Saved data entries:

= Beginning of Section =

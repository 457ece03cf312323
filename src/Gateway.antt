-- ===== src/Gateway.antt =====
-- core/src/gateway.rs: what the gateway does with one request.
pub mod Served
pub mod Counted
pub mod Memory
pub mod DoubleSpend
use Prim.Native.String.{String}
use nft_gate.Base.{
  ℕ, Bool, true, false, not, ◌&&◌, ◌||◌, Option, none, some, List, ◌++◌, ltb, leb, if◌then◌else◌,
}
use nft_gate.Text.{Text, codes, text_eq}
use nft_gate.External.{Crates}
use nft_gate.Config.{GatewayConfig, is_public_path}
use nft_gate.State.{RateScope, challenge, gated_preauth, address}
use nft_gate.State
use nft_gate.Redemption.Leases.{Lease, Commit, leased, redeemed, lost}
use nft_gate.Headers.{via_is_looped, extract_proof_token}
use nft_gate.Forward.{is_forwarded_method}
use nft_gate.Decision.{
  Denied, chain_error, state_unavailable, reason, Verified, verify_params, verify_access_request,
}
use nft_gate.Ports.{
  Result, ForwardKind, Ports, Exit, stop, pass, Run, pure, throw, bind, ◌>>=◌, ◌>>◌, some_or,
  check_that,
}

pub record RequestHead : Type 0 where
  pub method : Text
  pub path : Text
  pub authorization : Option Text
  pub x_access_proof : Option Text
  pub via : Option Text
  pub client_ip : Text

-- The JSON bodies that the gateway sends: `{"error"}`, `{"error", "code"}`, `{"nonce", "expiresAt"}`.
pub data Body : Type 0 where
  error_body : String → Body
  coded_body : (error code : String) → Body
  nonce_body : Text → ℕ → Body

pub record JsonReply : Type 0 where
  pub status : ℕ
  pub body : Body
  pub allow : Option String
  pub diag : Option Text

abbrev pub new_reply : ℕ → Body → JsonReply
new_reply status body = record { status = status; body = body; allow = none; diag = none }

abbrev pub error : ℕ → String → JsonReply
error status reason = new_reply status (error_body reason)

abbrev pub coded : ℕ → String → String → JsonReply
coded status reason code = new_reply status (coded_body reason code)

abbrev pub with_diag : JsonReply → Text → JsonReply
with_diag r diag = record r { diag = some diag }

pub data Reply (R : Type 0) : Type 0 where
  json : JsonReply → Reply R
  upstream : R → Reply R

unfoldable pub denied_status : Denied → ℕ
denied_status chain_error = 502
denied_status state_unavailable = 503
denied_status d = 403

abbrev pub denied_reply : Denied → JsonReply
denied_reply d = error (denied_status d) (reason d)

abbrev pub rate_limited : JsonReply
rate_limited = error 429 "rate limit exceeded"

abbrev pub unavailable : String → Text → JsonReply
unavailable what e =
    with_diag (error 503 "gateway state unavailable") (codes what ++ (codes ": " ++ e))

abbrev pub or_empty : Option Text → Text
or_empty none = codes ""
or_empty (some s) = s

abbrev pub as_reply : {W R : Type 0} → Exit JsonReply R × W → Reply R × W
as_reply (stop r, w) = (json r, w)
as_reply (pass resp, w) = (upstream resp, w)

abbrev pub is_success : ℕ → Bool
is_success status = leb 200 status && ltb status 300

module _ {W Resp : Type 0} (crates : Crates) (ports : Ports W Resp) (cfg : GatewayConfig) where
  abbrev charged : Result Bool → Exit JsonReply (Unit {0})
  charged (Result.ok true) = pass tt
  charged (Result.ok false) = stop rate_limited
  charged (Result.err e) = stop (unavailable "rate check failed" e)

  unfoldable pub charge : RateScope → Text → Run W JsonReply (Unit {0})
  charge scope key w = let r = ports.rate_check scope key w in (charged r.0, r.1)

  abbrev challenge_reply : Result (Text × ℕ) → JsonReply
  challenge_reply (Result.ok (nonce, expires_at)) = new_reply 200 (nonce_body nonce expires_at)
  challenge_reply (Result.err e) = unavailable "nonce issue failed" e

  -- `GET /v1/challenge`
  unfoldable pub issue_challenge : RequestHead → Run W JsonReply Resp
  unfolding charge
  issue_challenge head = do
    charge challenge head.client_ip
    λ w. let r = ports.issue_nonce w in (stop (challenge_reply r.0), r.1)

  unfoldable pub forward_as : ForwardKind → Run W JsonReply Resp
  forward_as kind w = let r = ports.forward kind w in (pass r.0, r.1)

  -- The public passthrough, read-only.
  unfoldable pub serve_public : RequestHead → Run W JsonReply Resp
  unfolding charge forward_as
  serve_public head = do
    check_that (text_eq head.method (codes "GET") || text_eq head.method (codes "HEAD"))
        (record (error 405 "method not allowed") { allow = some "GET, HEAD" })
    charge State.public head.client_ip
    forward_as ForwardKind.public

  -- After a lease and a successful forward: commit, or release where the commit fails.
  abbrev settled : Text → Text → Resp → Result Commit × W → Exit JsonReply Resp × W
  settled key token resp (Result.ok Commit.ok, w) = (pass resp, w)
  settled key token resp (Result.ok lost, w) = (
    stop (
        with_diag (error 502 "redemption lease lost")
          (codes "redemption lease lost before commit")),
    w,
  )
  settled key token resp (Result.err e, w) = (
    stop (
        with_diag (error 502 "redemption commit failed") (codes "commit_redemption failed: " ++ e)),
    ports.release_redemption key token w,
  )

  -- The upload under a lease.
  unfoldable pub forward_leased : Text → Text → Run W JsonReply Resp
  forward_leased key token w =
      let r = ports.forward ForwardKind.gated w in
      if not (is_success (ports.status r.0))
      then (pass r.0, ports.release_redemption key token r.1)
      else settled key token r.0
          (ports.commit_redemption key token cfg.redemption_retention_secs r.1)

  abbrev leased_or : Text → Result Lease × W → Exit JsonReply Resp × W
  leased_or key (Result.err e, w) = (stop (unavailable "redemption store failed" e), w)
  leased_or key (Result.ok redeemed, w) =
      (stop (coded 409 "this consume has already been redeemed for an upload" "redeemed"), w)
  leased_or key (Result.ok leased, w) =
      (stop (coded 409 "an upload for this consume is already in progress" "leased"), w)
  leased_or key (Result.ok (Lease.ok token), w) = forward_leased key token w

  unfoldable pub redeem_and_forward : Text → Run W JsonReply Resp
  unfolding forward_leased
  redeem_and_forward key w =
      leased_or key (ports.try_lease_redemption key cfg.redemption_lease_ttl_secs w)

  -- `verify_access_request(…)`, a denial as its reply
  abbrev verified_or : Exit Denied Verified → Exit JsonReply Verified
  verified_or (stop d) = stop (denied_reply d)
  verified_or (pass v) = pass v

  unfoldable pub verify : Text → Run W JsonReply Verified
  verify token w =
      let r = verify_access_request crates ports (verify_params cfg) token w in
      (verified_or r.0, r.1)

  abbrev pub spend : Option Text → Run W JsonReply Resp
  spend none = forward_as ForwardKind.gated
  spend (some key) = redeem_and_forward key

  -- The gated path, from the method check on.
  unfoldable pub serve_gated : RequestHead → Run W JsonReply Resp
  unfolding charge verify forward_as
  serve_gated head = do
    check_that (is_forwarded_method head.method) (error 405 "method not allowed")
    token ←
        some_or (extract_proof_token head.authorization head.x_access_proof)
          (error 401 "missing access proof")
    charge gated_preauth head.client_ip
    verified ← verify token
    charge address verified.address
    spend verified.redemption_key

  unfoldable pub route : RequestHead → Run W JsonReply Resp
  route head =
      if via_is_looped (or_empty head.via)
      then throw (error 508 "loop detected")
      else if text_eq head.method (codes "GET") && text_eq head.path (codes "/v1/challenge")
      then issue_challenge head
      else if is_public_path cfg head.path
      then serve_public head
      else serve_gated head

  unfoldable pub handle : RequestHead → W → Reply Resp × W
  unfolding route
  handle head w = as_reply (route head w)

= End of Section =
= Beginning of Section =

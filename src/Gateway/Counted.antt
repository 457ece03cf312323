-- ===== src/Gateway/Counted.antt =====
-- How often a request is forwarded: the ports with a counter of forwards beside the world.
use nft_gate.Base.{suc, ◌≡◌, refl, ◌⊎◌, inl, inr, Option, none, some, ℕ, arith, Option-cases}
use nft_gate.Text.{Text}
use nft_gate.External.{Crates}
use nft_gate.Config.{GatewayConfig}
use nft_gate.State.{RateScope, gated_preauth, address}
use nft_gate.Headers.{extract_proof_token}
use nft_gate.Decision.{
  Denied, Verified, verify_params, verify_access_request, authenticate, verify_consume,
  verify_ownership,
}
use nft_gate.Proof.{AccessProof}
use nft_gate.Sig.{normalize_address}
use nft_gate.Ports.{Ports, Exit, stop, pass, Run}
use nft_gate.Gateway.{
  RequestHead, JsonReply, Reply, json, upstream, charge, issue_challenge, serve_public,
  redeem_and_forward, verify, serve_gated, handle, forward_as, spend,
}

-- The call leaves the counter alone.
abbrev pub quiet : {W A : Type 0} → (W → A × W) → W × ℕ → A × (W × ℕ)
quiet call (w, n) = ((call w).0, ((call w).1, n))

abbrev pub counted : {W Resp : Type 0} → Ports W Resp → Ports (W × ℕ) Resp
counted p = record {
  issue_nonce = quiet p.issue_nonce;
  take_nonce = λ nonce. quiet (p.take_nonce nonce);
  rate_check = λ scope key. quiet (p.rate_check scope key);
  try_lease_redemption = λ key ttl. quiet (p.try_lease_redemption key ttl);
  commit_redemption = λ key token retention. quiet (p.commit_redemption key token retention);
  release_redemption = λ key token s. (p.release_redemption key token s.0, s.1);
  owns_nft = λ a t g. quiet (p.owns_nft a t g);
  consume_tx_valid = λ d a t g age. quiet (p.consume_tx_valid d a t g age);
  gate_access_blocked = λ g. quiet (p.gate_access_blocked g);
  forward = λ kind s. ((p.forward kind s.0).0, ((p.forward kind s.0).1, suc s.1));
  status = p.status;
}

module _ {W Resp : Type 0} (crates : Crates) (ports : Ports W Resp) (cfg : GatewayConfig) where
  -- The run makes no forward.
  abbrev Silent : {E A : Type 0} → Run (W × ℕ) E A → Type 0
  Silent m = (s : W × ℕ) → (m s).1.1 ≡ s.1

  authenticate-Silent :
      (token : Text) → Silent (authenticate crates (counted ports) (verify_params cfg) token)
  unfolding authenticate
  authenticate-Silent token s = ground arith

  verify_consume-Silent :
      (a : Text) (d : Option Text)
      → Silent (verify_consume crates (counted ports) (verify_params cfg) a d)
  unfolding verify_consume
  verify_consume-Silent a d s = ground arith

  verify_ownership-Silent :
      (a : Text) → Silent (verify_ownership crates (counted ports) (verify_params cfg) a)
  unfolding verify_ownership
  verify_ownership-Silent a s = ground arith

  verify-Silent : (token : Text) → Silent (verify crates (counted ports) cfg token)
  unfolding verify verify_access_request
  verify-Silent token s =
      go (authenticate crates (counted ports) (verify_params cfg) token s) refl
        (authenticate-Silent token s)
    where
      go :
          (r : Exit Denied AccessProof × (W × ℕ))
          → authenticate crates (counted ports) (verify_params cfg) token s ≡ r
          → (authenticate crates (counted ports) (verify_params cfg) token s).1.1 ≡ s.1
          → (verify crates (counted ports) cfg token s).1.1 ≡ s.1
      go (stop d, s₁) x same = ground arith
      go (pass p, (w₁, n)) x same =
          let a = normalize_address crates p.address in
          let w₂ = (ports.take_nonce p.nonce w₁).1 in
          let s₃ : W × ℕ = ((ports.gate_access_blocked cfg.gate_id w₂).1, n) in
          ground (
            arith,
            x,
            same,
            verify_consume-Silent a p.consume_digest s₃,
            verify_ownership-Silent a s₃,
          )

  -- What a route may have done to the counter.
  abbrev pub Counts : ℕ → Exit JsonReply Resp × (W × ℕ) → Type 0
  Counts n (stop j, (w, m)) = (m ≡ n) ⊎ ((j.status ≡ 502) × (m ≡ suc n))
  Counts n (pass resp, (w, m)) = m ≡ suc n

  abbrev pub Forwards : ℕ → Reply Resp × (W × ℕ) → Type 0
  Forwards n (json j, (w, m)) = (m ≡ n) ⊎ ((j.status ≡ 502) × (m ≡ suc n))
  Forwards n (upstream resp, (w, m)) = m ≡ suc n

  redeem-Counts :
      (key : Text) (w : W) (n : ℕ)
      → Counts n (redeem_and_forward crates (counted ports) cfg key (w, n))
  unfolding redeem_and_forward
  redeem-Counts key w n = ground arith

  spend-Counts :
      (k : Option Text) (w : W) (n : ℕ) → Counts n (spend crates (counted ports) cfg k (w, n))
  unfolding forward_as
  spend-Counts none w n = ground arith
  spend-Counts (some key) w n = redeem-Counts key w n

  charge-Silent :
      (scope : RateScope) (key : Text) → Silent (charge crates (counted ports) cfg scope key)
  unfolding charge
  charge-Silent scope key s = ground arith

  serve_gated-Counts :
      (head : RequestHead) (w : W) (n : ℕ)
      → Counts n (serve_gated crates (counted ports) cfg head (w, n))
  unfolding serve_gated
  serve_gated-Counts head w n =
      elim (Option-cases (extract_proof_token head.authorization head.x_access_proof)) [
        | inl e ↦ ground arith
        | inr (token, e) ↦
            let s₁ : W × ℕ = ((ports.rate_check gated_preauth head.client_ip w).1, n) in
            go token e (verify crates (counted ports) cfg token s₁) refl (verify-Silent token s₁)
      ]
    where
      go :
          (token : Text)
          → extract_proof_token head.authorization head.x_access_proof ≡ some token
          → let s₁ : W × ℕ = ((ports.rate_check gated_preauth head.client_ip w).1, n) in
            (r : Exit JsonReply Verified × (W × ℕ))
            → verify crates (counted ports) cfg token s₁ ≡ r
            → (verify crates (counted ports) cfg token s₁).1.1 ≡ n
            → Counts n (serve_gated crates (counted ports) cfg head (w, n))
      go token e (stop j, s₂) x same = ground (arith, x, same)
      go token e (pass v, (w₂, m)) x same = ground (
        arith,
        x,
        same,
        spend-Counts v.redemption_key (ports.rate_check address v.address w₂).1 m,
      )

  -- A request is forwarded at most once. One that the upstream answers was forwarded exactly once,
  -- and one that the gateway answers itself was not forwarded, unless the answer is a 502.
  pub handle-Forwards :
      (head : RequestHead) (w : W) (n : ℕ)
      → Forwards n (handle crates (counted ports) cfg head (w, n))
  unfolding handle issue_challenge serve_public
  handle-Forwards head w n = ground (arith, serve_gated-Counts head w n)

= End of Section =
= Beginning of Section =

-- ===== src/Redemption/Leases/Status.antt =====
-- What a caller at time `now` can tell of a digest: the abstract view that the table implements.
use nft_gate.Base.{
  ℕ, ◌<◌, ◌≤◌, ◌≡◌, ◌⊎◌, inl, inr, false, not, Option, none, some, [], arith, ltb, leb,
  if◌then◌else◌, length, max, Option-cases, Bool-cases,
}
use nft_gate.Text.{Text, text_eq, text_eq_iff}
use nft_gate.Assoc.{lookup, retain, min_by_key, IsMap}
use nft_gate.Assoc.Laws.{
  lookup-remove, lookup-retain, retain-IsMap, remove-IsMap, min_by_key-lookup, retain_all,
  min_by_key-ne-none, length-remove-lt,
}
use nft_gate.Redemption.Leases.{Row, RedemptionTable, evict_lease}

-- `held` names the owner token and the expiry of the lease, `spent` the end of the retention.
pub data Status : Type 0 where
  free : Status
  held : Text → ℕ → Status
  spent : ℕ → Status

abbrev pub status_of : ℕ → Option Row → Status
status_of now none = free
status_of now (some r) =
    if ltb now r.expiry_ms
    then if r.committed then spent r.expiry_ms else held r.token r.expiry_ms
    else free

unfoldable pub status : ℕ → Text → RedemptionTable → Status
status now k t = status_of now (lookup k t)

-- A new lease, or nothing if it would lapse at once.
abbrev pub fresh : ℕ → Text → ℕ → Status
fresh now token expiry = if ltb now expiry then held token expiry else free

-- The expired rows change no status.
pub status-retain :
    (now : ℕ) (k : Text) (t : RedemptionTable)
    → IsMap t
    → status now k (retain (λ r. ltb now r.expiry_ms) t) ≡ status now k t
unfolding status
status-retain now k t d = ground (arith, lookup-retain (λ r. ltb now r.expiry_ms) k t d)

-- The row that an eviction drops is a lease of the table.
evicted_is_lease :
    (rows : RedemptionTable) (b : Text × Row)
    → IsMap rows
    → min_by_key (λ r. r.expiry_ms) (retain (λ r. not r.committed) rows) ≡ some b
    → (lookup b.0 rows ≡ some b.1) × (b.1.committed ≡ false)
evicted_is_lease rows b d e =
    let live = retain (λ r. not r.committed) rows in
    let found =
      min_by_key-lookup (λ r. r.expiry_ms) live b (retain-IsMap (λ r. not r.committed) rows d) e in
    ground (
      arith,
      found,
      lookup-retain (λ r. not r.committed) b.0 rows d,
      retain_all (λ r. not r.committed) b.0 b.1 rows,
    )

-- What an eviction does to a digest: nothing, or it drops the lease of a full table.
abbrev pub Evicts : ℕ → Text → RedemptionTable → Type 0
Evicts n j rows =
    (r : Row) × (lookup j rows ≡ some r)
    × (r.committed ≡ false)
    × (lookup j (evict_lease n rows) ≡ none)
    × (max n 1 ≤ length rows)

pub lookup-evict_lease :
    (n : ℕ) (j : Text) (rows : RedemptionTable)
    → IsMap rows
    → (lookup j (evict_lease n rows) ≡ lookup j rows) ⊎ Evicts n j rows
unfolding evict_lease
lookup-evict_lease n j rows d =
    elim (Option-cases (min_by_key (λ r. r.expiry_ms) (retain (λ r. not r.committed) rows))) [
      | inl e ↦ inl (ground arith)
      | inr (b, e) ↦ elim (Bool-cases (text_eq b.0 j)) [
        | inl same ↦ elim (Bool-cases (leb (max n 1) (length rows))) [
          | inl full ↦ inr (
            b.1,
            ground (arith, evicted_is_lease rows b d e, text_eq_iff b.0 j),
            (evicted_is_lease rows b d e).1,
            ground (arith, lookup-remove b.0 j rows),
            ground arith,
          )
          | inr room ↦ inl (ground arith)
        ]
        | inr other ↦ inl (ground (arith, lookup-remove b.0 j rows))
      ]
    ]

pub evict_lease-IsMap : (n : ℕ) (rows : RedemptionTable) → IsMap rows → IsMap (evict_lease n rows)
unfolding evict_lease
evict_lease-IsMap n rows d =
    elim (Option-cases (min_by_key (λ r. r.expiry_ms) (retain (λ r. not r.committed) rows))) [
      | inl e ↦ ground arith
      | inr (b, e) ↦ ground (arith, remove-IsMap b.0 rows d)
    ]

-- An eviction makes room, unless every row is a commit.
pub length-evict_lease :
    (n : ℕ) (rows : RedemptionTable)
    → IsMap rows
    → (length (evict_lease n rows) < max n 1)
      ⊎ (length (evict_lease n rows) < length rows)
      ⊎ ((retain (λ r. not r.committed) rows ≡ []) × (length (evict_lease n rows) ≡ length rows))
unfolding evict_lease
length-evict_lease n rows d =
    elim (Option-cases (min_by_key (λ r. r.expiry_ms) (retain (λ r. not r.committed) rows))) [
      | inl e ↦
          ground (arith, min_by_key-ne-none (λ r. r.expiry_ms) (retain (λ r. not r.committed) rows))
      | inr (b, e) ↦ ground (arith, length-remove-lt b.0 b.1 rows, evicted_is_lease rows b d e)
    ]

= End of Section =

▶ [Problem description]: All lines above from the one holding "redeem_and_forward key w" to the one holding "verify token w", inclusive, are to be copied exactly; no other line is wanted.

▶ [Exercise response]:
  redeem_and_forward key w =
      leased_or key (ports.try_lease_redemption key cfg.redemption_lease_ttl_secs w)

  -- `verify_access_request(…)`, a denial as its reply
  abbrev verified_or : Exit Denied Verified → Exit JsonReply Verified
  verified_or (stop d) = stop (denied_reply d)
  verified_or (pass v) = pass v

  unfoldable pub verify : Text → Run W JsonReply Verified
  verify token w =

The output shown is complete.